What is the purpose of filterId?

What is the purpose of filterId?
Each filter has GUID, it uniquelly identifies filter, but each filter has filterId yet. In what cases I can use filterId, and what operations I can do using filterId?

klimandr wrote:

What is the purpose of filterId?

Each filter has GUID, it uniquelly identifies filter, but each filter has filterId yet. In what cases I can use filterId, and what operations I can do using filterId?

What kind of a driver are you talking about?  The word “filter” is
aggressively overloaded in the Windows world.

No idea what you mean here. I am not aware of anything named “filterId”.

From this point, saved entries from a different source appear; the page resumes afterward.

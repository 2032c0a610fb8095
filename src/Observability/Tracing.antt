-- ===== src/Observability/Tracing.antt =====
-- observability/opentelemetry: the two interceptors, as what they do to the span and to the context.
-- The tracer and the propagator are parameters.
pub mod Spans
use emicro.Common.{ℕ, Option, none, some, List, [], ◌∷◌, ◌++◌}
use emicro.Common.Maps.{Bytes, bytes_of}
use emicro.Rpc.Codec.{Result, returned, failed}

abbrev pub Metadata : Type 0
Metadata = List (Bytes × List Bytes)

-- A context: the metadata that came in, those that go out, and the current span.
pub record Ctx (S : Type 0) : Type 0 where
  pub incoming : Option Metadata
  pub outgoing : Option Metadata
  pub span : Option S

-- trace.Tracer's Start: a new span under the current one. propagation.TextMapPropagator through a
-- HeaderCarrier: Inject of the current span into metadata, and Extract of the remote span in them, if
-- there is one.
pub record Otel (S : Type 0) : Type 0 where
  pub start : Option S → Bytes → S
  pub inject : Option S → Metadata → Metadata
  pub extract : Metadata → Option S

pub data SpanCall : Type 0 where
  set_address : Bytes → SpanCall
  set_grpc_status : SpanCall
  status_ok : SpanCall
  status_error : Bytes → SpanCall
  record_error : Bytes → SpanCall
  end_span : SpanCall

module _ {S : Type 0} (otel : Otel S) where
  -- tracer.Start: the context with the new span.
  abbrev pub start_span : Bytes → Ctx S → Ctx S
  start_span name ctx = record ctx { span = some (otel.start ctx.span name) }

  abbrev pub md_of : Ctx S → Metadata
  md_of ctx = elim (ctx.incoming) [ none ↦ [] | some md ↦ md ]

  abbrev pub inject : Ctx S → Ctx S
  inject ctx = record ctx { outgoing = some (otel.inject ctx.span (md_of ctx)) }

  abbrev pub extract : Ctx S → Ctx S
  extract ctx = elim (otel.extract (md_of ctx)) [
    | none ↦ ctx
    | some remote ↦ record ctx { span = some remote }
  ]

  -- The context that the invoker gets.
  unfoldable pub client_ctx : Bytes → Ctx S → Ctx S
  client_ctx method ctx = inject (start_span method ctx)

  -- The context that the handler gets.
  unfoldable pub server_ctx : Bytes → Ctx S → Ctx S
  server_ctx method ctx = extract (start_span method ctx)

-- The calls on the client's span after the invoker has returned: the deferred functions, the last one
-- first.
abbrev pub client_span_calls : Option Bytes → List SpanCall
client_span_calls none = status_ok ∷ end_span ∷ end_span ∷ []
client_span_calls (some e) =
    set_grpc_status
    ∷ status_error (bytes_of "client failed")
    ∷ record_error e
    ∷ end_span
    ∷ end_span
    ∷ []

-- The calls on the server's span.
abbrev pub server_span_calls : Bytes → Option Bytes → List SpanCall
server_span_calls address none = set_address address ∷ end_span ∷ []
server_span_calls address (some e) =
    set_address address ∷ status_error (bytes_of "server failed") ∷ record_error e ∷ end_span ∷ []

abbrev pub instrumentation_name : Bytes
instrumentation_name = bytes_of "emicro/observability/opentelemetry"

-- The server's tracer, or the one of the global provider by this name.
abbrev pub tracer_or : {S : Type 0} → Option (Otel S) → (Bytes → Otel S) → Otel S
tracer_or none provider = provider instrumentation_name
tracer_or (some tracer) provider = tracer

-- The attributes that the client's span starts with.
abbrev pub client_attrs : List (Bytes × Bytes)
client_attrs =
    (bytes_of "rpc.system", bytes_of "grpc")
    ∷ (bytes_of "rpc.grpc.kind", bytes_of "unary")
    ∷ (bytes_of "rpc.component", bytes_of "client")
    ∷ []

-- The address of the host, and the port in decimal where there is one.
abbrev pub address_of : Bytes → Option Bytes → Bytes
address_of ip none = ip
address_of ip (some port) = ip ++ (bytes_of ":" ++ port)

-- The two builders; `port` is in decimal, and `none` for 0.
pub record ClientInterceptorBuilder (S : Type 0) : Type 0 where
  pub port : Option Bytes
  pub tracer : Otel S

abbrev pub new_client_interceptor_builder :
    {S : Type 0} → Option Bytes → Otel S → ClientInterceptorBuilder S
new_client_interceptor_builder port tracer = record { port = port; tracer = tracer }

pub record ServerInterceptorBuilder (S : Type 0) : Type 0 where
  pub port : Option Bytes
  pub tracer : Option (Otel S)

abbrev pub new_server_interceptor_builder :
    {S : Type 0} → Option Bytes → Option (Otel S) → ServerInterceptorBuilder S
new_server_interceptor_builder port tracer = record { port = port; tracer = tracer }

-- GetOutboundIP, on the local address of the connection that net.Dial gives.
abbrev pub get_outbound_ip : Result Bytes → Bytes
get_outbound_ip (failed e) = []
get_outbound_ip (returned ip) = ip

-- A call through an interceptor: the attributes of its span, the calls on it, and what is returned.
pub record Traced (A : Type 0) : Type 0 where
  pub attributes : List (Bytes × Bytes)
  pub calls : List SpanCall
  pub result : A

module _ {S W : Type 0} where
  -- The client's interceptor does not look at its address; the invoker runs in the state `w`.
  unfoldable pub intercept_client :
      ClientInterceptorBuilder S
      → Bytes
      → (Ctx S → Bytes → W → Option Bytes × W)
      → Ctx S
      → W
      → Traced (Option Bytes) × W
  unfolding client_ctx
  intercept_client b method invoker ctx w =
      let (err, w') = invoker (client_ctx b.tracer method ctx) method w in
      (record { attributes = client_attrs; calls = client_span_calls err; result = err }, w')

  -- The server's; `host` is the answer of net.Dial at the time of the building.
  unfoldable pub intercept_server :
      {V : Type 0}
      → ServerInterceptorBuilder S
      → (Bytes → Otel S)
      → Result Bytes
      → Bytes
      → (Ctx S → W → (V × Option Bytes) × W)
      → Ctx S
      → W
      → Traced (V × Option Bytes) × W
  unfolding server_ctx
  intercept_server b provider host full_method handler ctx w =
      let (resp, w') = handler (server_ctx (tracer_or b.tracer provider) full_method ctx) w in
      (
        record {
          attributes = [];
          calls = server_span_calls (address_of (get_outbound_ip host) b.port) resp.1;
          result = resp;
        },
        w',
      )
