-- ===== src/Observability/Tracing/Spans.antt =====
-- observability/opentelemetry: what the client's interceptor makes of the metadata of its context.
use emicro.Common.{◌≡◌, refl, Option, some}
use emicro.Common.Maps.{Bytes}
use emicro.Observability.Tracing.{Metadata, Ctx, Otel, md_of, client_ctx}

-- What the caller had put into the metadata that go out does not go out: the invoker's metadata are
-- those that came in, with the span.
pub client_ctx-outgoing :
    {S : Type 0} (otel : Otel S) (method : Bytes) (ctx : Ctx S) (mine : Option Metadata)
    → (client_ctx otel method (record ctx { outgoing = mine })).outgoing
      ≡ some (otel.inject (some (otel.start ctx.span method)) (md_of otel ctx))
unfolding client_ctx
client_ctx-outgoing otel method ctx mine = refl
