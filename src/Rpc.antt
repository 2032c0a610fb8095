-- ===== src/Rpc.antt =====
-- rpc: the RPC server and client over the wire format of rpc/message.
pub mod Codec
pub mod Stub
pub mod Server
pub mod Client
pub mod Transfer
pub mod Race
pub mod Fields
pub mod Gzip
pub mod Accept
mod Tests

More detail would be useful,

Peter

If you are referring to the filterID in a WFP driver, then filterID can be thought of as a handle for the filter instance. Yes there is a GUID, but that is not for a specific instance, and it is a pain to lookup and compare GUID’s so for performance a 64-bit ID makes a lot of sense.

Don Burn
Windows Driver Consulting
Website: http://www.windrvr.com

@“Peter_Viscarola_(OSR)” said:
No idea what you mean here. I am not aware of anything named “filterId”.

More detail would be useful,

Peter

@Tim_Roberts said:
What kind of a driver are you talking about? The word “filter” is
aggressively overloaded in the Windows world.

I am refer to filterID in WFP drivers. I did not thought that it is more than one instances named “filter” in windows.
Each filter structure FWPM_FILTER0_ has member filterKey of type GUID and member filterId of type UINT64. We can uniquely identify filter with GUID and with filterId. And in what cases I can use filterId, and what operations I can do using filterId?

Thank you, @Don_Burn.

@Don_Burn said
…Yes there is a GUID, but that is not for a specific instance…

I don’t understand that. Why GUID is not for a specific instance? All instances in wfp has each own GUID.